### [Instructions for the task]
Among the entries below, find the lines that hold the word "world" and report them.

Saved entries
##########
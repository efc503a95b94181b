-- ===== src/Worker/Scenarios.antt =====
-- A job from Enqueue to its completion, at a concrete queue, store and registry
-- (internal/worker/pool.go).
use distributed_task_schedul.Worker.Served.{Kind}
use distributed_task_schedul.Worker.Registry.{Registry}
use distributed_task_schedul.Worker.Examples.{
  reports_done, reports_panic, db, error_name, report, world, report_row, row_found, six_seconds,
}
use distributed_task_schedul.Prelude.{
  ◌∷◌, [], pos, none, ◌≡◌, some, refl, List, negsuc, if◌then◌else◌, str_eq,
}
use distributed_task_schedul.Worker.Failures.{served}
use distributed_task_schedul.Queue.Memory.{plain_codec}
use distributed_task_schedul.Store.Examples.{plain_postgres, empty_tables}
use distributed_task_schedul.Worker.Heartbeat.{
  Beat, latest, Reports, heartbeat_loop, heartbeat_loop-IsAlive,
}
use distributed_task_schedul.Store.Heartbeats.{find_worker}
use distributed_task_schedul.Worker.Handlers.{
  Outside, set_headers, process_payment, register_handlers, set_header,
}
use distributed_task_schedul.Worker.Execution.{execute_job}
use distributed_task_schedul.Worker.Outcomes.{Served, execute_job-status}
use distributed_task_schedul.Errors.{foreign, err, errorf, ok}
use distributed_task_schedul.Store.Tables.{Row, find_row}
use distributed_task_schedul.Models.Status.{completed, dead_letter}

abbrev both_handlers : Registry
both_handlers = ("generate-report", reports_done) ∷ ("other", reports_panic) ∷ []

-- The third heartbeat of a worker is lost.
abbrev more_beats : List Beat
more_beats =
    record { failure = none; now = pos 20; started = pos 21 }
    ∷ record { failure = some (foreign "timeout"); now = pos 30; started = pos 31 }
    ∷ []

abbrev first_beat : Beat
first_beat = record { failure = none; now = pos 10; started = pos 11 }

heartbeat_loop-IsAlive_example :
    Reports plain_postgres "w1"
      (pos 4)
      (pos 11)
      (latest plain_postgres "w1" (pos 4) (pos 10) more_beats)
      empty_tables
      (heartbeat_loop plain_postgres "w1" (pos 4) (first_beat ∷ more_beats) empty_tables)
unfolding find_worker
heartbeat_loop-IsAlive_example =
    heartbeat_loop-IsAlive plain_postgres "w1" (pos 4) first_beat more_beats empty_tables refl refl
      refl refl

last_taken : latest plain_postgres "w1" (pos 4) (pos 10) more_beats ≡ pos 20
unfolding latest
last_taken = refl

-- Payloads that name a URL, a table, …; the server of the webhook answers with 204, and everything is done in time.
abbrev calm : Outside
calm = record {
  email_of = λ s. err (foreign "unexpected end of JSON input");
  payment_of = λ s. ok record {
    order_id = s;
    amount = record { mantissa = negsuc 4; exponent = pos 0 };
    currency = "EUR";
    payment_method = "card";
    customer_id = "c1";
  };
  report_of = λ s.
      ok record {
        report_type = s;
        format = "";
        start = "";
        end = "";
        filters = [];
        recipients = [];
      };
  webhook_of = λ s. ok record {
    url = s;
    method = "";
    headers = ("content-type", "text/plain") ∷ [];
    body = "";
    max_retries = pos 0;
    timeout = pos 0;
  };
  cleanup_of = λ s. ok record { table = s; older_than = "720h"; batch_size = pos 0 };
  id_text = λ i. "8";
  canonical = λ k. if str_eq k "content-type" then "Content-Type" else k;
  refuses = λ method url. none;
  respond = λ req. ok (pos 204);
  done_within = λ ns. none;
}

execute_job-status_example :
    let k = served plain_codec db plain_postgres (λ i. i) error_name "w1" six_seconds none none in
    let w' =
      execute_job plain_codec db plain_postgres
        (λ i. i)
        error_name
        (register_handlers calm)
        k
        report
        world in
    (row' : Row) × (find_row 8 w'.tables.jobs ≡ some row')
    × (Served calm report → row'.status ≡ completed)
    × (¬ (Served calm report) → row'.status ≡ dead_letter)
execute_job-status_example =
    execute_job-status plain_codec db plain_postgres (λ i. i) error_name calm "w1" six_seconds none
      none report world report_row row_found

report-Served : Served calm report
report-Served = (Kind.report, refl, (_, refl, refl))

-- A header of the payload replaces the one that the handler has set.
plain_text :
    set_headers calm.canonical
      (("content-type", "text/plain") ∷ [])
      (set_header calm.canonical "Content-Type" "application/json" [])
    ≡ ("Content-Type", "text/plain") ∷ []
unfolding set_headers set_header
plain_text = refl

-- A payment of a negative amount is refused.
negative_amount : process_payment calm report ≡ some (errorf "invalid payment amount")
unfolding process_payment
negative_amount = refl
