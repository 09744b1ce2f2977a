-- ===== src/Dispatch.antt =====
-- src/sdlc/requirement_dispatcher.py, execution: `dispatch` runs the one worker of a selected
-- route and classifies its result. A DispatchResult is kept without its message, a text that its
-- other fields and the selection determine; its details are `Detail`s.
pub mod Promised
pub mod Progression
pub mod Contract
use sdlc.Base.{
  String, Bool, true, false, Option, none, some, List, [], ◌∷◌, map, is_text, if◌then◌else◌,
}
use sdlc.Fibery.{Requirement, Fallible, ok, failed}
use sdlc.Results.{WorkerResult, raw_processed, is_normal, report_lines}
use sdlc.Routes.{Worker, raw_process, Route, RouteSelection}
use sdlc.Differences.{Detail, message, route_drift}
use sdlc.Service.{Action, Workspace, RequirementWorkers, pure, ◌>>=◌, read_requirement, run}
use sdlc.Candidates.{preflight, progress_all}

pub data DispatchOutcome : Type 0 where
  route_completed no_route stale_route worker_failed postcondition_not_reached : DispatchOutcome
  candidate_progression_conflict candidate_progression_failed : DispatchOutcome
  partial_candidate_progression fibery_read_failed : DispatchOutcome

pub record DispatchResult : Type 0 where
  pub outcome : DispatchOutcome
  pub selection : RouteSelection
  pub worker_result : Option WorkerResult
  pub state_after : Option String
  pub progressed : List String
  pub details : List Detail

-- `raw_result.candidates`; only a RAW result has them.
unfoldable pub candidates_of : WorkerResult → List String
candidates_of (raw_processed r) = r.candidates
candidates_of _ = []

abbrev is_raw : Worker → Bool
is_raw raw_process = true
is_raw _ = false

abbrev pub state_of : Option Requirement → Option String
state_of none = none
state_of (some r) = r.state

module _ (workspace : Workspace) (selection : RouteSelection) where
  -- A result before any worker was called.
  abbrev pub unrun : DispatchOutcome → List Detail → DispatchResult
  unrun outcome details = record {
    outcome = outcome;
    selection = selection;
    worker_result = none;
    state_after = none;
    progressed = [];
    details = details;
  }

  abbrev pub after_run :
      DispatchOutcome → WorkerResult → Option String → List String → List Detail → DispatchResult
  after_run outcome result state_after progressed details = record {
    outcome = outcome;
    selection = selection;
    worker_result = some result;
    state_after = state_after;
    progressed = progressed;
    details = details;
  }

  module _ (result : WorkerResult) (state_after : Option String) where
    progress_outcome : List String × Option Detail → DispatchResult
    progress_outcome (progressed, none) = after_run route_completed result state_after progressed []
    progress_outcome ([], some failure) =
        after_run candidate_progression_failed result state_after [] (failure ∷ [])
    progress_outcome (name ∷ names, some failure) =
        after_run partial_candidate_progression result state_after (name ∷ names) (failure ∷ [])

    progress_preflighted : Fallible (List Requirement × List Detail) → Action DispatchResult
    unfolding progress_outcome
    progress_preflighted (failed e) =
        pure (after_run fibery_read_failed result state_after [] (message e ∷ []))
    progress_preflighted (ok (candidates, conflict ∷ conflicts)) =
        pure (after_run candidate_progression_conflict result state_after [] (conflict ∷ conflicts))
    progress_preflighted (ok (candidates, [])) = do
      progress ← progress_all workspace candidates []
      pure (progress_outcome progress)

    -- `_progress_candidates`
    unfoldable pub progress_candidates : Action DispatchResult
    unfolding progress_preflighted candidates_of
    progress_candidates = do
      verdicts ← preflight workspace selection.requirement (candidates_of result)
      progress_preflighted verdicts

  module _ (route : Route) (result : WorkerResult) where
    check_after : Fallible (Option Requirement) → Action DispatchResult
    unfolding progress_candidates
    check_after (failed e) = pure (after_run fibery_read_failed result none [] (message e ∷ []))
    check_after (ok after) =
        let state_after = state_of after in
        if is_text state_after route.completed_state
        then (if is_raw route.worker
            then progress_candidates result state_after
            else pure (after_run route_completed result state_after [] []))
        else pure (after_run postcondition_not_reached result state_after [] [])

    -- `_check_postcondition`: complete only in the State that the worker owns.
    unfoldable pub check_postcondition : Action DispatchResult
    unfolding check_after read_requirement
    check_postcondition = do
      after ← read_requirement workspace selection.requirement.id
      check_after after

  module _ (workers : RequirementWorkers) (route : Route) where
    classify : WorkerResult → Action DispatchResult
    unfolding check_postcondition is_normal report_lines
    classify result =
        if is_normal result
        then check_postcondition route result
        else pure (after_run worker_failed result none [] (map message (report_lines result)))

    run_if_unchanged : List Detail → Action DispatchResult
    unfolding run classify
    run_if_unchanged (d ∷ drift) = pure (unrun stale_route (d ∷ drift))
    run_if_unchanged [] = do
      result ← run workers route.worker selection.requirement.id
      classify result

    run_reread : Fallible (Option Requirement) → Action DispatchResult
    unfolding run_if_unchanged route_drift
    run_reread (failed e) = pure (unrun fibery_read_failed (message e ∷ []))
    run_reread (ok current) = run_if_unchanged (route_drift selection.requirement current)

  dispatch_route : RequirementWorkers → Option Route → Action DispatchResult
  unfolding run_reread read_requirement
  dispatch_route workers none = pure (unrun no_route [])
  dispatch_route workers (some route) = do
    current ← read_requirement workspace selection.requirement.id
    run_reread workers route current

unfoldable pub dispatch : Workspace → RequirementWorkers → RouteSelection → Action DispatchResult
unfolding dispatch_route
dispatch workspace workers selection = dispatch_route workspace selection workers selection.route
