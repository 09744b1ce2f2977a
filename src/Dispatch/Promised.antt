-- ===== src/Dispatch/Promised.antt =====
-- `_progress_candidates` of requirement_dispatcher.py: what each of its outcomes promises.
use sdlc.Base.{String, ◌≡◌, ◌≢◌, List, [], ◌∷◌, ◌++◌, map, All}
use sdlc.Fibery.{Requirement}
use sdlc.Routes.{process_state}
use sdlc.Service.{History, Workspace}
use sdlc.Service.Effects.{Effect, state_write, effects}
use sdlc.Candidates.{identity}
use sdlc.Candidates.Admitted.{AreAdmitted, AreAdmitted-widen}
use sdlc.Candidates.Failing.{HasFailed, HasFailed-widen}
use sdlc.Service.Growth.{Grows, here}
use sdlc.Candidates.Moved.{All-IsMoved-widen, IsMoved, IsUnconfirmed, IsUnconfirmed-widen, writes}
use sdlc.Dispatch.{
  DispatchOutcome, route_completed, candidate_progression_conflict, candidate_progression_failed,
  partial_candidate_progression, fibery_read_failed,
}
use sdlc.Candidates.Conflicting.{HasConflict, HasConflict-widen}

module _ (workspace : Workspace) (raw : Requirement) (names : List String) (h h' : History)
    (old : List Effect) where
  -- What an outcome promises of the progressed names and of the effects: the answers it speaks of
  -- were given between the two histories, and the effects before were `old`.
  abbrev pub Promise : DispatchOutcome → List String → Type 0
  Promise route_completed progressed =
      (cs : List Requirement) × AreAdmitted workspace raw h h' names cs
      × All (IsMoved workspace h h') cs
      × (progressed ≡ map identity cs)
      × (effects h' ≡ writes cs old)
  Promise candidate_progression_conflict progressed =
      ((progressed ≡ []) × (effects h' ≡ old)) × HasConflict workspace raw h h' names
  Promise fibery_read_failed progressed =
      ((progressed ≡ []) × (effects h' ≡ old)) × HasFailed workspace h h'
  Promise candidate_progression_failed progressed =
      (c : Requirement) × (rest : List Requirement) × AreAdmitted workspace raw h h' names
        (c ∷ rest)
      × IsUnconfirmed workspace h h' c
      × (progressed ≡ [])
      × (effects h' ≡ state_write c.id process_state ∷ old)
  Promise partial_candidate_progression progressed =
      (cs : List Requirement) × (c : Requirement) × (rest : List Requirement) × AreAdmitted
        workspace raw h h' names (cs ++ c ∷ rest)
      × IsUnconfirmed workspace h h' c
      × (progressed ≢ [])
      × All (IsMoved workspace h h') cs
      × (progressed ≡ map identity cs)
      × (effects h' ≡ writes (cs ++ c ∷ []) old)
  Promise _ progressed = ⊥

-- An earlier start keeps the promise.
module _ (workspace : Workspace) (raw : Requirement) (names : List String) {g h : History}
    (h' : History) (old : List Effect) where
  pub Promise-widen :
      (outcome : DispatchOutcome) (progressed : List String)
      → Grows g h
      → Promise workspace raw names h h' old outcome progressed
      → Promise workspace raw names g h' old outcome progressed
  Promise-widen route_completed progressed p (cs, admitted, moved, named, written) = (
    cs,
    AreAdmitted-widen workspace raw names cs p here admitted,
    All-IsMoved-widen workspace p here cs moved,
    named,
    written,
  )
  Promise-widen partial_candidate_progression progressed p
        (cs, c, rest, admitted, stop, some_names, moved, named, written) =
      (
        cs,
        c,
        rest,
        AreAdmitted-widen workspace raw names (cs ++ c ∷ rest) p here admitted,
        IsUnconfirmed-widen workspace p here c stop,
        some_names,
        All-IsMoved-widen workspace p here cs moved,
        named,
        written,
      )
  Promise-widen candidate_progression_conflict progressed p (same, conflict) =
      (same, HasConflict-widen workspace raw names p here conflict)
  Promise-widen candidate_progression_failed progressed p
        (c, rest, admitted, stop, nothing, written) =
      (
        c,
        rest,
        AreAdmitted-widen workspace raw names (c ∷ rest) p here admitted,
        IsUnconfirmed-widen workspace p here c stop,
        nothing,
        written,
      )
  Promise-widen fibery_read_failed progressed p (same, lost) =
      (same, HasFailed-widen workspace p here lost)
  Promise-widen _ progressed p never = absurd never
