-- ===== src/Dispatch/Progression.antt =====
-- `_progress_candidates` of requirement_dispatcher.py: what each of its outcomes means for the
-- candidates of a RAW result.
use mathlib.Core.Path.{subst}
use sdlc.Base.{String, ◌≡◌, refl, ap, ◌∙◌, Option, none, some, List, [], ◌∷◌, ◌++◌, map}
use sdlc.Fibery.{Requirement, Fallible, ok, failed}
use sdlc.Results.{WorkerResult}
use sdlc.Routes.{RouteSelection}
use sdlc.Differences.{Detail}
use sdlc.Service.{History, Workspace}
use sdlc.Service.Effects.{Effect, effects}
use sdlc.Candidates.{identity, preflight, progress_all}
use sdlc.Candidates.Admitted.{AreAdmitted, AreAdmitted-widen}
use sdlc.Candidates.Preflight.{preflight-Grows, preflight-AreAdmitted}
use sdlc.Candidates.Failing.{HasFailed, preflight-HasFailed}
use sdlc.Candidates.Effects.{preflight-effects}
use sdlc.Service.Growth.{Grows, here, Grows-trans}
use sdlc.Candidates.Moved.{All-IsMoved-widen, IsUnconfirmed-widen, writes}
use sdlc.Candidates.Progress.{
  Progresses, every_write_confirmed, confirmed_before_stop, progress_all-IsProgress,
}
use sdlc.Dispatch.{
  DispatchResult, candidates_of, progress_outcome, progress_preflighted, progress_candidates,
}
use sdlc.Candidates.Conflicting.{HasConflict, preflight-HasConflict}
use sdlc.Dispatch.Promised.{Promise}

module _ (workspace : Workspace) (raw : Requirement) (names : List String) (h h' : History)
    (old : List Effect) where
  abbrev Keeps : DispatchResult → Type 0
  Keeps d = Promise workspace raw names h h' old d.outcome d.progressed

nil_of_map : (cs : List Requirement) → [] ≡ map identity cs → cs ≡ []
nil_of_map [] e = refl
nil_of_map (c ∷ cs) e = cc

module _ (workspace : Workspace) (selection : RouteSelection) (result : WorkerResult)
    (state_after : Option String) where
  abbrev pub raw : Requirement
  raw = selection.requirement

  abbrev pub names : List String
  names = candidates_of result

  outcome-Keeps :
      (cs : List Requirement) (first h : History) (out : List String × Option Detail) (h' : History)
      → Grows first h
      → AreAdmitted workspace raw first h names cs
      → Progresses workspace cs [] h (out, h')
      → Keeps workspace raw names first h'
          (effects h)
          (progress_outcome workspace selection result state_after out)
  unfolding progress_outcome
  outcome-Keeps cs first h (progressed, none) h' grows admitted p =
      let (moved, named, written) = every_write_confirmed p refl in
      (
        cs,
        AreAdmitted-widen workspace raw names cs here p.grows admitted,
        All-IsMoved-widen workspace grows here cs moved,
        named,
        written,
      )
  outcome-Keeps cs first h ([], some failure) h' grows admitted p =
      let (c, split, stop, _, named, written) = confirmed_before_stop p (λ e. cc) in
      let all = AreAdmitted-widen workspace raw names cs here p.grows admitted in
      let none_before = nil_of_map p.confirmed named in
      (
        c,
        p.untouched,
        subst (AreAdmitted workspace raw first h' names)
            (split ∙ ap (λ l. l ++ c ∷ p.untouched) none_before) all,
        IsUnconfirmed-widen workspace grows here c stop,
        refl,
        subst (λ l. effects h' ≡ writes (l ++ c ∷ []) (effects h)) none_before written,
      )
  outcome-Keeps cs first h (name ∷ more, some failure) h' grows admitted p =
      let (c, split, stop, moved, named, written) = confirmed_before_stop p (λ e. cc) in
      let all = AreAdmitted-widen workspace raw names cs here p.grows admitted in
      (
        p.confirmed,
        c,
        p.untouched,
        subst (AreAdmitted workspace raw first h' names) split all,
        IsUnconfirmed-widen workspace grows here c stop,
        λ e. cc,
        All-IsMoved-widen workspace grows here p.confirmed moved,
        named,
        written,
      )

  preflighted-Keeps :
      (first h : History) (verdicts : Fallible (List Requirement × List Detail))
      → Grows first h
      → ((cs : List Requirement)
          → verdicts ≡ ok (cs, [])
          → AreAdmitted workspace raw first h names cs)
      → ((e : String) → verdicts ≡ failed e → HasFailed workspace first h)
      → ((cs : List Requirement) (d : Detail) (ds : List Detail)
          → verdicts ≡ ok (cs, d ∷ ds)
          → HasConflict workspace raw first h names)
      → let (d, h') = progress_preflighted workspace selection result state_after verdicts h in
        Keeps workspace raw names first h' (effects h) d
  unfolding progress_preflighted
  preflighted-Keeps first h (failed e) grows admitted lost conflict = ((refl, refl), lost e refl)
  preflighted-Keeps first h (ok (cs, d ∷ ds)) grows admitted lost conflict =
      ((refl, refl), conflict cs d ds refl)
  preflighted-Keeps first h (ok (cs, [])) grows admitted lost conflict =
      let (out, h') = progress_all workspace cs [] h in
      outcome-Keeps cs first h out h' grows (admitted cs refl)
        (progress_all-IsProgress workspace cs [] h)

  -- Each outcome of a candidate progression keeps its promise. ROUTE_COMPLETED means that every name
  -- of the RAW result resolved to one admitted candidate and that each was written and read back in
  -- Process, in order. A conflict means that no candidate was written, since the search for one of
  -- the names had none or several matches or an unfit one; a failed read, that none was written,
  -- since a read of the preflight failed. Otherwise every name resolved to one admitted candidate,
  -- the reported names are those of the first of them, which were read back in Process, and the next
  -- one was written, but its write was refused or the read right behind it did not show Process.
  pub progress_candidates-Keeps :
      (h : History)
      → let (d, h') = progress_candidates workspace selection result state_after h in
        Keeps workspace raw names h h' (effects h) d
  unfolding progress_candidates
  progress_candidates-Keeps h =
      let (verdicts, h₁) = preflight workspace raw names h in
      let (d, h') = progress_preflighted workspace selection result state_after verdicts h₁ in
      subst (λ old. Keeps workspace raw names h h' old d) (preflight-effects workspace raw names h)
        (preflighted-Keeps h h₁ verdicts (preflight-Grows workspace raw names h)
          (λ cs e. preflight-AreAdmitted workspace raw names h cs e)
          (λ error e. preflight-HasFailed workspace raw names error h e)
          (λ cs d ds e. preflight-HasConflict workspace raw names cs d ds h e))

  preflighted-Grows :
      (verdicts : Fallible (List Requirement × List Detail)) (h : History)
      → Grows h (progress_preflighted workspace selection result state_after verdicts h).1
  unfolding progress_preflighted
  preflighted-Grows (failed e) h = here
  preflighted-Grows (ok (cs, d ∷ ds)) h = here
  preflighted-Grows (ok (cs, [])) h = (progress_all-IsProgress workspace cs [] h).grows

  pub progress_candidates-Grows :
      (h : History) → Grows h (progress_candidates workspace selection result state_after h).1
  unfolding progress_candidates
  progress_candidates-Grows h =
      let (verdicts, h₁) = preflight workspace raw names h in
      Grows-trans (preflight-Grows workspace raw names h) (preflighted-Grows verdicts h₁)

  abbrev pub Carries : DispatchResult × History → Type 0
  Carries (d, h) =
      (d.worker_result ≡ some result) × (d.selection ≡ selection) × (d.state_after ≡ state_after)

  outcome-Carries :
      (out : List String × Option Detail) (h : History)
      → Carries (progress_outcome workspace selection result state_after out, h)
  unfolding progress_outcome
  outcome-Carries (progressed, none) h = (refl, refl, refl)
  outcome-Carries ([], some failure) h = (refl, refl, refl)
  outcome-Carries (name ∷ more, some failure) h = (refl, refl, refl)

  preflighted-Carries :
      (verdicts : Fallible (List Requirement × List Detail)) (h : History)
      → Carries (progress_preflighted workspace selection result state_after verdicts h)
  unfolding progress_preflighted
  preflighted-Carries (failed e) h = (refl, refl, refl)
  preflighted-Carries (ok (cs, d ∷ ds)) h = (refl, refl, refl)
  preflighted-Carries (ok (cs, [])) h =
      let (out, h') = progress_all workspace cs [] h in outcome-Carries out h'

  -- The result of a progression names the worker's result, the selection and the State read after it.
  pub progress_candidates-Carries :
      (h : History) → Carries (progress_candidates workspace selection result state_after h)
  unfolding progress_candidates
  progress_candidates-Carries h =
      let (verdicts, h') = preflight workspace raw names h in preflighted-Carries verdicts h'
##########
### [Output of the exercise]
  reports_done, reports_panic, db, error_name, report, world, report_row, row_found, six_seconds,
        world in
      none report world report_row row_found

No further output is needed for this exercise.